# [PROBLEM]
Could you copy every line in the listing below that has the word "them"?

───── RECORD EXTRACTS ─────

-- ===== src/Docker/LineWriter/Lines.antt =====
-- internal/docker/logs.go: Write on whole lines and on pieces of them.
use mathlib.Core.List.{append-nil, append_assoc}
use docker_monitor.Docker.LineWriter.{
  LineHandler, LineWriter, Outcome, emit_line, finish_line, reset, write,
}
use docker_monitor.Docker.LineWriter.Feed.{
  IsOpen, feed, feed-fill, feed-skip, feed_newline, feed_over, push,
}
use docker_monitor.Docker.LineWriter.Refine.{finish_line_cong, write-feed, write_full}
use docker_monitor.Model.{Errors, Time}
use docker_monitor.Prelude.{
  All-drop, Bool, Bool-cases, Option, [], ap, arith, drop, false, inl, inr, length, length-take_le,
  ltb, ltb→ge, ltb→lt, refl, suc, sym, take, take-append-drop, take_all, true, ℕ, ◌++◌, ◌<◌, ◌==◌,
  ◌∙◌, ◌∷◌, ◌≡◌, ◌≤◌,
}
use docker_monitor.Prelude.Bytes.{Bytes}
use docker_monitor.Prelude.Bytes.Index.{Lacks, Lacks-take, drop_head}
use docker_monitor.Prelude.Bytes.Space.{trim_right_byte}

-- Goes on after a write that returned no error.
abbrev pub and_then : {S : Type 0} → Outcome S → (LineWriter → S → Outcome S) → Outcome S
and_then ([], (w, s)) next = next w s
and_then (x ∷ xs, r) next = (x ∷ xs, r)

-- A writer that holds the beginning of a line, as much as one line may hold.
abbrev pub holding : ℕ → LineWriter → Bytes → LineWriter
holding limit w line = record w { buffer = take limit line; truncated = false }

module _ {S : Type 0} (parse_time : Bytes → Option Time) (handler : LineHandler S) (limit : ℕ) where
  finish_line-and_then :
      (w : LineWriter) (t : Bool) (f g k : LineWriter → S → Outcome S) (s : S)
      → ((x : S) → f (reset w) x ≡ and_then (g (reset w) x) k)
      → finish_line parse_time handler w t f s ≡ and_then (finish_line parse_time handler w t g s) k
  finish_line-and_then w t f g k s h =
      go (emit_line parse_time handler w (trim_right_byte b'\r' w.buffer) t s)
    where
      go :
          (r : Errors × S)
          → ◌≡◌ {A = Outcome S}
              (elim r.0 [ [] ↦ f (reset w) r.1 | x ∷ xs ↦ (x ∷ xs, (w, r.1)) ])
              (and_then (elim r.0 [ [] ↦ g (reset w) r.1 | x ∷ xs ↦ (x ∷ xs, (w, r.1)) ]) k)
      go ([], x) = h x
      go (e ∷ es, x) = refl

  feed-append :
      (p q : Bytes) (w : LineWriter) (s : S)
      → feed parse_time handler limit (p ++ q) w s
        ≡ and_then (feed parse_time handler limit p w s) (feed parse_time handler limit q)
  unfolding feed
  feed-append [] q w s = refl
  feed-append (c ∷ p) q w s = elim (Bool-cases (c == b'\n')) [
    | inl newline ↦
        rw (newline, feed)
          (finish_line-and_then w w.truncated (feed parse_time handler limit (p ++ q))
            (feed parse_time handler limit p) (feed parse_time handler limit q) s
            (λ x. feed-append p q (reset w) x))
    | inr other ↦ rw (other, feed) (feed-append p q (push limit c w) s)
  ]

module _ {S : Type 0} (parse_time : Bytes → Option Time) (handler : LineHandler S) (limit : ℕ)
    (positive : 0 < limit) where
  and_then-feed :
      (q : Bytes) (r : Outcome S)
      → IsOpen limit r.1.0
      → and_then r (feed parse_time handler limit q) ≡ and_then r (write parse_time handler limit q)
  and_then-feed q ([], (w, s)) o = sym (write-feed parse_time handler limit positive q w s o)
  and_then-feed q (x ∷ xs, r) o = refl

  -- Two writes have the outcome of one write of both pieces, where the buffer has room or a line is
  -- being cut before each of them.
  pub write-append :
      (p q : Bytes) (w : LineWriter) (s : S)
      → IsOpen limit w
      → IsOpen limit (write parse_time handler limit p w s).1.0
      → write parse_time handler limit (p ++ q) w s
        ≡ and_then (write parse_time handler limit p w s) (write parse_time handler limit q)
  write-append p q w s o o' =
      let same = write-feed parse_time handler limit positive p w s o in
      write-feed parse_time handler limit positive (p ++ q) w s o
      ∙ feed-append parse_time handler limit p q w s
      ∙ ap (λ r. and_then r (feed parse_time handler limit q)) (sym same)
      ∙ and_then-feed q (write parse_time handler limit p w s) o'

  long-feed :
      (line rest : Bytes) (w : LineWriter) (s : S)
      → Lacks b'\n' line
      → limit < length line
      → feed parse_time handler limit (line ++ (b'\n' ∷ rest)) (reset w) s
        ≡ finish_line parse_time handler
            (record (holding limit w line) { truncated = true })
            true
            (feed parse_time handler limit rest)
            s
  long-feed line rest w s lacks long =
      let (c, r, head, other) =
        drop_head b'\n' limit line long (Lacks-take b'\n' (suc limit) line lacks) in
      let tail = b'\n' ∷ rest in
      let w' = holding limit w line in
      ap (λ x. feed parse_time handler limit (x ++ tail) (reset w) s)
        (sym (take-append-drop limit line))
      ∙ ap (λ x. feed parse_time handler limit x (reset w) s)
          (append_assoc (take limit line) (drop limit line) tail)
      ∙ feed-fill parse_time handler limit (take limit line) (drop limit line ++ tail) (reset w) s
          (Lacks-take b'\n' limit line lacks) refl (omega (arith, length-take_le limit line))
      ∙ ap (λ x. feed parse_time handler limit (x ++ tail) w' s) head
      ∙ feed_over parse_time handler limit c (r ++ tail) w' s other refl
          (omega (arith, length-take_le limit line))
      ∙ ap (λ x. feed parse_time handler limit (x ++ tail) (record w' { truncated = true }) s)
          (sym head)
      ∙ feed-skip parse_time handler limit (drop limit line) tail (record w' { truncated = true }) s
          (All-drop _ limit line lacks) refl
      ∙ feed_newline parse_time handler limit rest (record w' { truncated = true }) s

  short-feed :
      (line rest : Bytes) (w : LineWriter) (s : S)
      → Lacks b'\n' line
      → length line ≤ limit
      → feed parse_time handler limit (line ++ (b'\n' ∷ rest)) (reset w) s
        ≡ finish_line parse_time handler
            (holding limit w line)
            false
            (feed parse_time handler limit rest)
            s
  short-feed line rest w s lacks short =
      feed-fill parse_time handler limit line (b'\n' ∷ rest) (reset w) s lacks refl
        (omega (arith, short))
      ∙ feed_newline parse_time handler limit rest (record w { buffer = line; truncated = false }) s
      ∙ ap
          (λ x.
            finish_line parse_time handler (record w { buffer = x; truncated = false }) false
              (feed parse_time handler limit rest) s)
          (sym (take_all limit line short))

  -- A writer at the start of a line emits the line, cut to the limit, marked as cut exactly if it is
  -- longer than the limit, and goes on behind the newline as if that were written next.
  pub write_line :
      (line rest : Bytes) (w : LineWriter) (s : S)
      → Lacks b'\n' line
      → write parse_time handler limit (line ++ (b'\n' ∷ rest)) (reset w) s
        ≡ finish_line parse_time handler
            (record (holding limit w line) { truncated = ltb limit (length line) })
            (ltb limit (length line))
            (write parse_time handler limit rest)
            s
  write_line line rest w s lacks =
      write-feed parse_time handler limit positive (line ++ (b'\n' ∷ rest)) (reset w) s
        (inr positive)
      ∙ elim (Bool-cases (ltb limit (length line))) [
        | inl long ↦ rw long (long-feed line rest w s lacks (ltb→lt _ _ long))
        | inr short ↦ rw short (short-feed line rest w s lacks (ltb→ge _ _ short))
      ]
      ∙ finish_line_cong parse_time handler limit positive _ _ (feed parse_time handler limit rest)
          (write parse_time handler limit rest) s
          (λ x. sym (write-feed parse_time handler limit positive rest (reset w) x (inr positive)))

  -- A line of exactly the limit whose newline comes with the next write is marked as cut, though
  -- nothing was cut off and `write_line` shows that it is not marked where both come at once.
  pub write_limit :
      (line : Bytes) (w : LineWriter) (s : S)
      → Lacks b'\n' line
      → length line ≡ limit
      → and_then
          (write parse_time handler limit line (reset w) s)
          (write parse_time handler limit (b'\n' ∷ []))
        ≡ finish_line parse_time handler
            (record (holding limit w line) { truncated = true })
            true
            (write parse_time handler limit [])
            s
  write_limit line w s lacks exact =
      let held = record w { buffer = line; truncated = false } in
      let filling : write parse_time handler limit line (reset w) s ≡ ([], (held, s)) =
        write-feed parse_time handler limit positive line (reset w) s (inr positive)
        ∙ ap (λ x. feed parse_time handler limit x (reset w) s) (sym (append-nil line))
        ∙ feed-fill parse_time handler limit line [] (reset w) s lacks refl (omega (arith, exact))
        ∙ (unfold feed in refl) in
      ap (λ r. and_then r (write parse_time handler limit (b'\n' ∷ []))) filling
      ∙ write_full parse_time handler limit positive b'\n' [] held s refl (omega (arith, exact))
      ∙ feed_newline parse_time handler limit [] (record held { truncated = true }) s
      ∙ finish_line_cong parse_time handler limit positive (record held { truncated = true }) true
          (feed parse_time handler limit []) (write parse_time handler limit []) s
          (λ x. sym (write-feed parse_time handler limit positive [] (reset w) x (inr positive)))
      ∙ ap
          (λ x.
            finish_line parse_time handler (record w { buffer = x; truncated = true }) true
              (write parse_time handler limit []) s)
          (sym (take_all limit line (omega (arith, exact))))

─────

# [EXPECTED ANSWER]
-- internal/docker/logs.go: Write on whole lines and on pieces of them.
  -- being cut before each of them.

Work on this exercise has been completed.